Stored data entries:
::::
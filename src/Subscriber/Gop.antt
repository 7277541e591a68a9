-- ===== src/Subscriber/Gop.antt =====
-- What the GOP cache of a livestream subscriber holds, whatever was delivered to it.
use cam_server.Base.{
  ℕ, zero, suc, ◌+◌, ◌-◌, ◌≤◌, ◌≡◌, refl, ap, Bool, ◌&&◌, List, [], ◌∷◌, ◌++◌, length,
  length-append, length-drop, drop, arith, Bool-cases, inl, inr, if◌then◌else◌, ◌==◌,
}
use cam_server.Stream.Packet.{AvPacket, packet_video}
use cam_server.Stream.Pool.{Pool}
use cam_server.Subscriber.Defs.{gop_cache_max, start_group, cut_group, update_gop}

-- The last `n` elements.
abbrev pub last {ℓ} : {A : Type ℓ} → ℕ → List A → List A
last n xs = drop (length xs - n) xs

drop-append {ℓ} :
    {A : Type ℓ} (n : ℕ) (xs ys : List A) → n ≤ length xs → drop n (xs ++ ys) ≡ drop n xs ++ ys
drop-append zero xs ys h = refl
drop-append (suc n) [] ys h = absurd (omega arith)
drop-append (suc n) (x ∷ xs) ys h = drop-append n xs ys (omega arith)

drop-nil {ℓ} : {A : Type ℓ} (n : ℕ) → drop {A = A} n [] ≡ []
drop-nil zero = refl
drop-nil (suc n) = refl

drop-drop {ℓ} : {A : Type ℓ} (m n k : ℕ) (xs : List A) → k ≡ n + m → drop m (drop n xs) ≡ drop k xs
drop-drop m zero k xs e = ap (λ j. drop j xs) (omega arith)
drop-drop m (suc n) zero xs e = absurd (omega arith)
drop-drop m (suc n) (suc k) [] e = drop-nil m
drop-drop m (suc n) (suc k) (x ∷ xs) e = drop-drop m n k xs (omega arith)

-- To keep the last `n`, the last `n` of what came before are all that matter.
last-append {ℓ} :
    {A : Type ℓ} (n : ℕ) (xs : List A) (x : A)
    → last n (last n xs ++ x ∷ []) ≡ last n (xs ++ x ∷ [])
last-append n xs x =
    let m = length xs - n in
    rw (← drop-append m xs (x ∷ []) (omega arith)) (
      drop-drop _ m _ (xs ++ x ∷ [])
        (omega (arith, length-drop m (xs ++ x ∷ []), length-append xs (x ∷ []))))

last-short {ℓ} : {A : Type ℓ} (n : ℕ) (xs : List A) → length xs ≤ n → last n xs ≡ xs
last-short n xs h = let e : length xs - n ≡ 0 = omega arith in rw e

length-last {ℓ} : {A : Type ℓ} (n : ℕ) (xs : List A) → length (last n xs) ≤ n
length-last n xs = omega (arith, length-drop (length xs - n) xs)

module _ (info : ℕ → AvPacket) where
  -- A packet that starts a group: a video keyframe.
  abbrev pub starts_group : ℕ → Bool
  starts_group p = (info p).packet_type == packet_video && (info p).is_keyframe

  -- The packets since the last video keyframe, that one included.
  abbrev pub group : List ℕ → List ℕ → List ℕ
  group acc [] = acc
  group acc (p ∷ ps) = group (if starts_group p then p ∷ [] else acc ++ p ∷ []) ps

  -- The cache after some packets were delivered.
  unfoldable pub cache_after : List ℕ → Pool → List ℕ → List ℕ
  cache_after gop pool [] = gop
  cache_after gop pool (p ∷ ps) =
      let (gop', pool') = update_gop info p gop pool in cache_after gop' pool' ps

  -- One update: the last 256 of the group so far and the packet.
  pub update_gop-last :
      (p : ℕ) (gop : List ℕ) (pool : Pool)
      → (update_gop info p gop pool).0
        ≡ last gop_cache_max ((if starts_group p then [] else gop) ++ p ∷ [])
  unfolding update_gop start_group cut_group
  update_gop-last p gop pool = ground arith

  step :
      (p : ℕ) (acc : List ℕ) (pool : Pool)
      → (update_gop info p (last gop_cache_max acc) pool).0
        ≡ last gop_cache_max (if starts_group p then p ∷ [] else acc ++ p ∷ [])
  step p acc pool =
      rw (update_gop-last p (last gop_cache_max acc) pool) (elim (Bool-cases (starts_group p)) [
        | inl e ↦ rw e
        | inr e ↦ rw e (last-append gop_cache_max acc p)
      ])

  cache_after-last :
      (ps acc : List ℕ) (pool : Pool)
      → cache_after (last gop_cache_max acc) pool ps ≡ last gop_cache_max (group acc ps)
  unfolding cache_after
  cache_after-last [] acc pool = refl
  cache_after-last (p ∷ ps) acc pool = rw (step p acc pool, cache_after) (cache_after-last ps _ _)

  -- The cache always holds the last packets of the current group, the packets since the last
  -- video keyframe, and never more than 256.
  pub cache_after-group :
      (ps : List ℕ) (pool : Pool)
      → (cache_after [] pool ps ≡ last gop_cache_max (group [] ps))
        × (length (cache_after [] pool ps) ≤ gop_cache_max)
  cache_after-group ps pool =
      let e = cache_after-last ps [] pool in (e, rw e (length-last gop_cache_max (group [] ps)))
::::
REQUIRED WORK:
Go to the line with "-- A packet" in the entries above and repeat every line from there through the line with "group acc (p", exactly and with no other text.

EXERCISE SOLUTION:
  -- A packet that starts a group: a video keyframe.
  abbrev pub starts_group : ℕ → Bool
  starts_group p = (info p).packet_type == packet_video && (info p).is_keyframe

  -- The packets since the last video keyframe, that one included.
  abbrev pub group : List ℕ → List ℕ → List ℕ
  group acc [] = acc
  group acc (p ∷ ps) = group (if starts_group p then p ∷ [] else acc ++ p ∷ []) ps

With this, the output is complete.